Saved data entries:
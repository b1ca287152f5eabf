-- ===== src/Bcode/Value.antt =====
-- src/bcode.h: `struct bcode`. The array of a dictionary holds keys and values in turn, as
-- `struct barray` does. Memory for values is taken to be available.
use libctorrent.Prelude.{ℕ, List}
use libctorrent.Prelude.Int.{ℤ}

mutual
  pub data BCode : Type 0 where
    int : ℤ → BCode
    str : List ℕ → BCode
    list : Items → BCode
    dict : Items → BCode

  pub data Items : Type 0 where
    nil : Items
    cons : BCode → Items → Items
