-- ===== src/Bcode/Decode.antt =====
-- The decoder of src/bcode.c on a string: `bt_bdecode_str` and what it calls.
-- The reader's buffer and its pushback are one list, the bytes still to be read: `sc_unget` is only
-- ever called with the character that `sc_get` has just returned, and before the next `sc_get`.
-- A byte above 127 that was pushed back is read again as a negative `char`; no test of the
-- decoder tells the two apart. `int64_t` wraps round.
use libctorrent.Prelude.{
  ℕ, zero, suc, ◌+◌, ◌-◌, ◌*◌, ◌%◌, ◌^◌, Bool, ◌&&◌, ◌||◌, List, [], ◌∷◌, ltb, leb, ◌==◌,
  if◌then◌else◌, length, take, drop,
}
use libctorrent.Prelude.Int.{ℤ, pos, negsuc, negate}
use libctorrent.Bcode.Value.{BCode, int, str, list, dict, Items, nil, cons}

-- The codes that the decoder throws. `overrun` is a key of negative length, which is copied past
-- the end of a buffer that is too small; `out_of_fuel` is the model's.
pub data DecodeError : Type 0 where
  e_syntax e_eof e_overflow overrun out_of_fuel : DecodeError

-- A value and the bytes behind it, or an error (`longjmp`).
pub data Parsed (A : Type 0) : Type 0 where
  ok : A → List ℕ → Parsed A
  err : DecodeError → Parsed A

abbrev pub bind : {A B : Type 0} → Parsed A → (A → List ℕ → Parsed B) → Parsed B
bind (ok a rest) f = f a rest
bind (err e) f = err e

-- `isdigit`
abbrev pub is_digit : ℕ → Bool
is_digit c = leb b'0' c && leb c b'9'

-- The `do … while` of `sc_read_num`, from the character that its test has seen. The product is in
-- `int64_t`: a result of 2^63 or more is negative, so less than `x`.
unfoldable pub read_digits : ℕ → List ℕ → Parsed ℕ
read_digits x [] = ok x []
read_digits x (c ∷ r) =
    let tmp = (10 * x + (c - b'0')) % 2 ^ 64 in
    let rest = read_digits tmp r in
    if is_digit c
    then (if leb (2 ^ 63) tmp || ltb tmp x then err e_overflow else rest)
    else ok x (c ∷ r)

-- `if (!isdigit(c)) throw_error(…)`, then the loop.
unfoldable pub read_natural : List ℕ → Parsed ℕ
read_natural [] = err e_syntax
read_natural (c ∷ r) = if is_digit c then read_digits 0 (c ∷ r) else err e_syntax

-- `sc_read_num`
unfoldable pub read_num : List ℕ → Parsed ℤ
read_num [] = err e_syntax
read_num (c ∷ r) =
    if c == b'0'
    then ok (pos 0) r
    else if c == b'-'
    then bind (read_natural r) (λ x rest. ok (negate x) rest)
    else bind (read_natural (c ∷ r)) (λ x rest. ok (pos x) rest)

-- EXPECT
unfoldable pub expect : ℕ → List ℕ → Parsed (Unit {0})
expect c [] = err e_syntax
expect c (d ∷ r) = if d == c then ok tt r else err e_syntax

-- `sc_read_string` of `len` bytes.
unfoldable pub read_string : ℕ → List ℕ → Parsed (List ℕ)
read_string len r = if ltb (length r) len then err e_syntax else ok (take len r) (drop len r)

-- What `parse_string` does with its length.
unfoldable pub read_counted : ℤ → List ℕ → Parsed (List ℕ)
read_counted (pos len) r = read_string len r
read_counted (negsuc n) r = err overrun

-- `parse_string`
unfoldable pub parse_string : List ℕ → Parsed (List ℕ)
parse_string r = bind (read_num r) (λ len r'. bind (expect b':' r') (λ _ r''. read_counted len r''))

-- `parse`, `parse_list` and `parse_dict`. The fuel bounds how deep the calls go; the loops of the
-- latter two call themselves for the elements that follow.
unfoldable mutual
  pub parse : ℕ → List ℕ → Parsed BCode
  parse zero r = err out_of_fuel
  parse (suc f) [] = err e_syntax
  parse (suc f) (c ∷ r) =
      let as_list = bind (parse_list f r) (λ l rest. ok (list l) rest) in
      let as_dict = bind (parse_dict f r) (λ l rest. ok (dict l) rest) in
      if c == b'i'
      then bind (read_num r) (λ n r'. bind (expect b'e' r') (λ _ rest. ok (int n) rest))
      else if c == b'l'
      then as_list
      else if c == b'd'
      then as_dict
      else if is_digit c
      then bind (parse_string (c ∷ r)) (λ s rest. ok (str s) rest)
      else err e_syntax

  pub parse_list : ℕ → List ℕ → Parsed Items
  parse_list zero r = err out_of_fuel
  parse_list (suc f) [] = err e_eof
  parse_list (suc f) (c ∷ r) =
      let more =
        bind (parse f (c ∷ r)) (λ b r'. bind (parse_list f r') (λ l rest. ok (cons b l) rest)) in
      if c == b'e' then ok nil r else more

  pub parse_dict : ℕ → List ℕ → Parsed Items
  parse_dict zero r = err out_of_fuel
  parse_dict (suc f) [] = err e_eof
  parse_dict (suc f) (c ∷ r) =
      let more = bind (parse_string (c ∷ r)) (λ k r'.
        bind (parse f r')
          (λ b r''. bind (parse_dict f r'') (λ l rest. ok (cons (str k) (cons b l)) rest))) in
      if c == b'e' then ok nil r else more

-- `bt_bdecode_str`; what follows the first value is ignored. Each call of the parser takes a byte or
-- is followed by one that does, so that the fuel is enough.
unfoldable pub bdecode_str : List ℕ → Parsed BCode
bdecode_str s = parse (2 * length s + 3) s
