-- ===== src/Bcode/Encode.antt =====
-- The encoder of src/bcode.c: `bt_bencode` and `bencode_array`.
use libctorrent.Prelude.{
  ℕ, zero, suc, ◌+◌, ◌-◌, ◌/◌, ◌%◌, ◌^◌, List, [], ◌∷◌, ◌++◌, ltb, ◌==◌, if◌then◌else◌, length,
  take, set, min,
}
use libctorrent.Prelude.Int.{ℤ, pos, negsuc}
use libctorrent.Bcode.Value.{BCode, int, str, list, dict, Items, nil, cons}

-- The decimal digits of a number, as `printf` writes them; the first argument bounds their count.
unfoldable pub digits_of : ℕ → ℕ → List ℕ
digits_of zero n = []
digits_of (suc f) n =
    let rest = digits_of f (n / 10) in
    if ltb n 10 then (b'0' + n) ∷ [] else rest ++ (b'0' + n % 10) ∷ []

unfoldable pub decimal : ℕ → List ℕ
decimal n = digits_of (n + 1) n

-- `%ld`
unfoldable pub print_int : ℤ → List ℕ
print_int (pos n) = decimal n
print_int (negsuc n) = b'-' ∷ decimal (n + 1)

-- What `snprintf` puts into `tmp`: `i%lde` and `%zu:`.
abbrev pub int_text : ℤ → List ℕ
int_text n = b'i' ∷ print_int n ++ b'e' ∷ []

abbrev pub len_text : List ℕ → List ℕ
len_text s = decimal (length s) ++ b':' ∷ []

-- `memcpy` of these bytes to index `off` of the buffer.
unfoldable pub blit : List ℕ → ℕ → List ℕ → List ℕ
blit buf off [] = buf
blit buf off (x ∷ xs) = blit (set buf off x) (off + 1) xs

-- `bt_bencode(NULL, 0, b)`: the size alone.
unfoldable mutual
  pub bencode_size : BCode → ℕ
  bencode_size (int n) = length (int_text n)
  bencode_size (str s) = length (len_text s) + length s
  bencode_size (list l) = array_size l + 2
  bencode_size (dict l) = array_size l + 2

  pub array_size : Items → ℕ
  array_size nil = 0
  array_size (cons b l) = bencode_size b + array_size l

-- A `size_t` after `len--`.
abbrev pub less_one : ℕ → ℕ
less_one len = (len + 2 ^ 64 - 1) % 2 ^ 64

-- `if (dest && len--) *dest++ = c`: the buffer and the new offset.
abbrev pub open_tag : ℕ → List ℕ → ℕ → ℕ → List ℕ × ℕ
open_tag c buf off len = if len == 0 then (buf, off) else (set buf off c, off + 1)

-- `if (dest && len--) dest[res] = 'e'`
abbrev pub close_tag : ℕ × List ℕ → ℕ → ℕ → ℕ × List ℕ
close_tag (res, buf) off len = (res + 2, if len == 0 then buf else set buf (off + res) b'e')

-- `bt_bencode(dest, len, b)` with a buffer: `dest` is index `off` of `buf`. The result is the size
-- returned and the buffer.
unfoldable mutual
  pub bencode : List ℕ → ℕ → ℕ → BCode → ℕ × List ℕ
  bencode buf off len (int n) =
      (length (int_text n), blit buf off (take (min len (length (int_text n))) (int_text n)))
  bencode buf off len (str s) =
      let head = min len (length (len_text s)) in
      let buf' = blit buf off (take head (len_text s)) in
      (
        length (len_text s) + length s,
        blit buf' (off + head) (take (min (len - head) (length s)) s),
      )
  bencode buf off len (list l) =
      let (buf', off') = open_tag b'l' buf off len in
      close_tag (bencode_array buf' off' (less_one len) l) off' (less_one len)
  bencode buf off len (dict l) =
      let (buf', off') = open_tag b'd' buf off len in
      close_tag (bencode_array buf' off' (less_one len) l) off' (less_one len)

  pub bencode_array : List ℕ → ℕ → ℕ → Items → ℕ × List ℕ
  bencode_array buf off len nil = (0, buf)
  bencode_array buf off len (cons b l) =
      let (tmp, buf') = bencode buf off len b in
      let step = min tmp len in
      let (res, buf'') = bencode_array buf' (off + step) (len - step) l in (tmp + res, buf'')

* [Task details] From the records above, return each line where "negsuc" occurs.

* [Expected answer]
use libctorrent.Prelude.Int.{ℤ, pos, negsuc, negate}
read_counted (negsuc n) r = err overrun
use libctorrent.Prelude.Int.{ℤ, pos, negsuc}
print_int (negsuc n) = b'-' ∷ decimal (n + 1)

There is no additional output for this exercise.